● What the task asks: Only the lines below starting at the one containing "-- closed, whatever" and ending at the one containing "0) ≡ refused [])" belong in the answer, each copied exactly.

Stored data
★ ★ ★

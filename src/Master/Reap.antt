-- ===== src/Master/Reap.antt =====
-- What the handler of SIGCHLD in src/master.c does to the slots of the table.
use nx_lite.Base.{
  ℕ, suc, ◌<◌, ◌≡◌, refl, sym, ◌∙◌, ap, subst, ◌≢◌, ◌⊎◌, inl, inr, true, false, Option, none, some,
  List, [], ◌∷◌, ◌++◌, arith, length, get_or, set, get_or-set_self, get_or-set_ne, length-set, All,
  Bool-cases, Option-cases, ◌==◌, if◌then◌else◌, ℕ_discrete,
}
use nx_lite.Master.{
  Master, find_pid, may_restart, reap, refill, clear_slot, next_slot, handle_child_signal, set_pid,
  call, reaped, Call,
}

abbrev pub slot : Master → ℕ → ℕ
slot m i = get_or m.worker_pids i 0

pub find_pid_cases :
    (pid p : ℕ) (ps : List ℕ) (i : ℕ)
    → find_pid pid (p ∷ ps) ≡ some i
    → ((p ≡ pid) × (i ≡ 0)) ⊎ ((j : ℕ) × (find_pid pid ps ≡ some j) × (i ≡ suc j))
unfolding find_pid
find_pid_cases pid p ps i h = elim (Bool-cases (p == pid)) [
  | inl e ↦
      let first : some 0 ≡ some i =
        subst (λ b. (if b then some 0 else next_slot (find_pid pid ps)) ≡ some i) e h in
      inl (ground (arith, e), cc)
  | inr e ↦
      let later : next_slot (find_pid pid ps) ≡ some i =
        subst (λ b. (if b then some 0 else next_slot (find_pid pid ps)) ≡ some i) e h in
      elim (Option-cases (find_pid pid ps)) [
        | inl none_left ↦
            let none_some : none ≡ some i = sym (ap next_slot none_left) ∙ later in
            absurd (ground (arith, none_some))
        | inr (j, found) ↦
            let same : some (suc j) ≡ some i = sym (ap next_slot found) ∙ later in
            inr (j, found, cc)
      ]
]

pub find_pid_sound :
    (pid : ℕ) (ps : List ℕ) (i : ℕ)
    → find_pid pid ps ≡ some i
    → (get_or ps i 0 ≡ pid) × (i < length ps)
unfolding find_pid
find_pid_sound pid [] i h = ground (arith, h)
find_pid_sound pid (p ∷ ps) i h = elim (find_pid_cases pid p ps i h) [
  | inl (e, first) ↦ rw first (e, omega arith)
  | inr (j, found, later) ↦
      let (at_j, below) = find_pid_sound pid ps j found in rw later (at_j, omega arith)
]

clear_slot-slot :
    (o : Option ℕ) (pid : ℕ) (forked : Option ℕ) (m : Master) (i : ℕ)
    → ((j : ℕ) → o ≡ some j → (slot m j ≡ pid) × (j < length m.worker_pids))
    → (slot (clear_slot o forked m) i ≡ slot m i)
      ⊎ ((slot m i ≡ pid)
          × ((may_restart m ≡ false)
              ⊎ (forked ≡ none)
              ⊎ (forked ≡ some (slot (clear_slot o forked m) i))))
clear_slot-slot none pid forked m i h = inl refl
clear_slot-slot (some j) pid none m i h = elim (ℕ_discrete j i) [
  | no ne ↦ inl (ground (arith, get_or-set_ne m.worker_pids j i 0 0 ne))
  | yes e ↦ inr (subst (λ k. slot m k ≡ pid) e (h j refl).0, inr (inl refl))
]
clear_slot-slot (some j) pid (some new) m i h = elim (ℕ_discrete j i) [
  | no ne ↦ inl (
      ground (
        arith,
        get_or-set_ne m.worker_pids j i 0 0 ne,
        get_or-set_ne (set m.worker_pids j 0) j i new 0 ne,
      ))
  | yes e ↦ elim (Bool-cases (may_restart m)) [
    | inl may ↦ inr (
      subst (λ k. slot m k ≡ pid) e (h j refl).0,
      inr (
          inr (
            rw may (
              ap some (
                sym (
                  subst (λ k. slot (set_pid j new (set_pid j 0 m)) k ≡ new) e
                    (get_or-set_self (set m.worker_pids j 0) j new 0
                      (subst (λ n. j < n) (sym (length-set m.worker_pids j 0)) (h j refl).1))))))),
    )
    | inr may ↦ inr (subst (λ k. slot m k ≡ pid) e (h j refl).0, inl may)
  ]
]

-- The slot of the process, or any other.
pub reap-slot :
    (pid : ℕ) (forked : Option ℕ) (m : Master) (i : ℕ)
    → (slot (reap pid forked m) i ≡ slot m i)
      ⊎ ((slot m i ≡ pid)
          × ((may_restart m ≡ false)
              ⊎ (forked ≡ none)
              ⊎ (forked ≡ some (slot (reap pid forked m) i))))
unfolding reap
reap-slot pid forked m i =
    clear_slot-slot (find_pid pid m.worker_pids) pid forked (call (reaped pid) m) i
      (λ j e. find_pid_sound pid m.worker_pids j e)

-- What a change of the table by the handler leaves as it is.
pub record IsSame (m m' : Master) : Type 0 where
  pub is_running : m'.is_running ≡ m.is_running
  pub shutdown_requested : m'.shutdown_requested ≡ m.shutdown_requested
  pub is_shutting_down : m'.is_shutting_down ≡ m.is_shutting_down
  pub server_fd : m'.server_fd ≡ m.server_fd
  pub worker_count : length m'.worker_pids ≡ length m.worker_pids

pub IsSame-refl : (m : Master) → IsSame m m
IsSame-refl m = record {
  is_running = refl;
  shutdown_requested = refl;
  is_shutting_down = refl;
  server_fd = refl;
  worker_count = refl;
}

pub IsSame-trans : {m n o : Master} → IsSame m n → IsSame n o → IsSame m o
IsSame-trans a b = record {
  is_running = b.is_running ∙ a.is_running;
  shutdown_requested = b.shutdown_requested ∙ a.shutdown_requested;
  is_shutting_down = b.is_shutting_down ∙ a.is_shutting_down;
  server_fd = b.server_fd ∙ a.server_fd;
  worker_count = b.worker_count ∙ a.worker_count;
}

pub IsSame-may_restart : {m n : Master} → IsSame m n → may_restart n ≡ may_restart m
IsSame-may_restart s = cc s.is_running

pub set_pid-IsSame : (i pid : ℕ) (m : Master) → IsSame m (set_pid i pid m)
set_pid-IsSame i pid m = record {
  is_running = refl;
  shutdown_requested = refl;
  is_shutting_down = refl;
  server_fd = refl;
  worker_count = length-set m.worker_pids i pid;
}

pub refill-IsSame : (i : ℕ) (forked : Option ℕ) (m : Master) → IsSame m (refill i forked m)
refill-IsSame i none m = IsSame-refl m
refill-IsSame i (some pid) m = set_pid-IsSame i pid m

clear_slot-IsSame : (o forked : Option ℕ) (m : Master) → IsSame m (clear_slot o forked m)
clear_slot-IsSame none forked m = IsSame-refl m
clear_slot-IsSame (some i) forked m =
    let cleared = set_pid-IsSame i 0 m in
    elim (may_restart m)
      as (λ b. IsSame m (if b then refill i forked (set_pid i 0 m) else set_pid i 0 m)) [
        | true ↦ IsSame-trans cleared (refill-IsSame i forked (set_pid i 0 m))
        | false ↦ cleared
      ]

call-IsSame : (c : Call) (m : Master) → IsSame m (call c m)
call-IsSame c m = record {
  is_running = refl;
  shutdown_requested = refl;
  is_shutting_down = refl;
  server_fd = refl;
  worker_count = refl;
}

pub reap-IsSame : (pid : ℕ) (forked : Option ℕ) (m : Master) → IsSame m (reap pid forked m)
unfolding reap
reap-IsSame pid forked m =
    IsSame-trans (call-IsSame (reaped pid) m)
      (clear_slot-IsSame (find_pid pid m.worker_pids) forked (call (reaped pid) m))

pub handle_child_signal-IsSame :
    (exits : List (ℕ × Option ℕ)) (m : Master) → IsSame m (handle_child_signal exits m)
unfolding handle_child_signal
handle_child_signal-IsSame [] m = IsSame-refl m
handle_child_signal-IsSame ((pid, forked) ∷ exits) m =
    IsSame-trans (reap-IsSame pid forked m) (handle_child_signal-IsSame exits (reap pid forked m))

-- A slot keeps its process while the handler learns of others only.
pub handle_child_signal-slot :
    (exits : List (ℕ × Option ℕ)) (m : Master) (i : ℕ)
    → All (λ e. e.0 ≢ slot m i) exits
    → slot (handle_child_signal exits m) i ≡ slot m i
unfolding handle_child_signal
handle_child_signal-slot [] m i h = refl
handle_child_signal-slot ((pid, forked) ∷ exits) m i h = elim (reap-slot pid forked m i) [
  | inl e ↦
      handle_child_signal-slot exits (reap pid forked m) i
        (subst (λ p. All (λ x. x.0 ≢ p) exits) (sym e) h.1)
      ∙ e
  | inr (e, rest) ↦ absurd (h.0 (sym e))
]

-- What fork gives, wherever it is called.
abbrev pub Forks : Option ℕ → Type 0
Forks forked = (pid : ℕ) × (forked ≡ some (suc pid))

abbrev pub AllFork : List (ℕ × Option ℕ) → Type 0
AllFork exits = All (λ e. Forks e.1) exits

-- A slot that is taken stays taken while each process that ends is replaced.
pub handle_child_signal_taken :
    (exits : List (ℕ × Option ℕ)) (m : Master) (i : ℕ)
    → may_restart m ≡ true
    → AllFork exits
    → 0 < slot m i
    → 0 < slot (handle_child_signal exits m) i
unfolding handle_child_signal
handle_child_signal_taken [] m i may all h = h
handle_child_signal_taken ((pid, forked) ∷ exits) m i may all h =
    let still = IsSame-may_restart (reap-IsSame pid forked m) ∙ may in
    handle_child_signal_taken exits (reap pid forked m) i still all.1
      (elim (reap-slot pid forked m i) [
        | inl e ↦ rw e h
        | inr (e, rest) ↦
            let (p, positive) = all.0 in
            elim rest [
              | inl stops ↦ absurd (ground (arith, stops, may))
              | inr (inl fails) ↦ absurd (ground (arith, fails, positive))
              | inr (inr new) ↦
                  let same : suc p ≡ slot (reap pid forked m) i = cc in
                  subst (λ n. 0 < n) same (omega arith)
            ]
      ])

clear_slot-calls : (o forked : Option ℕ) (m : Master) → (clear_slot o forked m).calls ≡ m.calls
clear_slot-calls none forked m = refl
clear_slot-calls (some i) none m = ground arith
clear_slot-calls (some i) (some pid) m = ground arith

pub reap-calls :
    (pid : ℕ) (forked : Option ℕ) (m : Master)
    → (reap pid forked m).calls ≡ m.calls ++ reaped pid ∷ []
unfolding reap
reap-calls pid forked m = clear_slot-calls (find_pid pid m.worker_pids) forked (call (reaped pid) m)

★ ★ ★

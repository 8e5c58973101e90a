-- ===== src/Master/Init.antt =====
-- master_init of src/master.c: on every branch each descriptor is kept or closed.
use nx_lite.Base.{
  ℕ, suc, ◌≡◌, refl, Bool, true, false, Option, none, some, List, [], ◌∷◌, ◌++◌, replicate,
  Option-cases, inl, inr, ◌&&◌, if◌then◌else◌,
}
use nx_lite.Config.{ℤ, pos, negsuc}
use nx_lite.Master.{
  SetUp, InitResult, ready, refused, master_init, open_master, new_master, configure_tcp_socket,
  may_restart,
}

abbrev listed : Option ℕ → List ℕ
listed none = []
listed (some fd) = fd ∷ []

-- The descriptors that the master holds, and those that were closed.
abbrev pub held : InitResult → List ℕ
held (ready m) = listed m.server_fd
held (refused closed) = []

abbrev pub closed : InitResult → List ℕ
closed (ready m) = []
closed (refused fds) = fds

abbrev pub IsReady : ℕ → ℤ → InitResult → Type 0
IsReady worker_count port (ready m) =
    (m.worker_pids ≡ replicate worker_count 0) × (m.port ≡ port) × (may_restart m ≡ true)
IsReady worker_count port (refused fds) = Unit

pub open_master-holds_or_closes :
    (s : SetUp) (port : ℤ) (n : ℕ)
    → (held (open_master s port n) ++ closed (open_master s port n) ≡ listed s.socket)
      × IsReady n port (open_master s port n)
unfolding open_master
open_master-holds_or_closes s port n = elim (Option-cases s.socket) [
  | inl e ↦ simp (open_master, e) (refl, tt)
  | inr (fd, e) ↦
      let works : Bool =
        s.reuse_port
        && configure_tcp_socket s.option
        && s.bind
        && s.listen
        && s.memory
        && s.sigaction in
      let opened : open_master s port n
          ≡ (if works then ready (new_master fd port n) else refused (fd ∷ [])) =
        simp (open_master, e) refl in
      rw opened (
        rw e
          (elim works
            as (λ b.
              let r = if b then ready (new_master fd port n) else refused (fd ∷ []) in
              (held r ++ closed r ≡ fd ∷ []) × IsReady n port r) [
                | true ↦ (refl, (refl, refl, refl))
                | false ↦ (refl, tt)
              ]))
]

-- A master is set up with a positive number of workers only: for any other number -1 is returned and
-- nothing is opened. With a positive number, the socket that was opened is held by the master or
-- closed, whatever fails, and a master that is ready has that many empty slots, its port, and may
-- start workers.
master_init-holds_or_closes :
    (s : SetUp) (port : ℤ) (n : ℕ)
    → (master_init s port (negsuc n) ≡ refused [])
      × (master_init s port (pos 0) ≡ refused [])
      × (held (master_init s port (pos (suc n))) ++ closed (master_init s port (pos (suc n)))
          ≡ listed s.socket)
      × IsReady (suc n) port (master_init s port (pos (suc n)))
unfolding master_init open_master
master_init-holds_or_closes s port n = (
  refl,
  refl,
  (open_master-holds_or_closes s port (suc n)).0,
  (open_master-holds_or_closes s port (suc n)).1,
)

★ ★ ★

● Solution to this problem:
-- closed, whatever fails, and a master that is ready has that many empty slots, its port, and may
-- start workers.
master_init-holds_or_closes :
    (s : SetUp) (port : ℤ) (n : ℕ)
    → (master_init s port (negsuc n) ≡ refused [])
      × (master_init s port (pos 0) ≡ refused [])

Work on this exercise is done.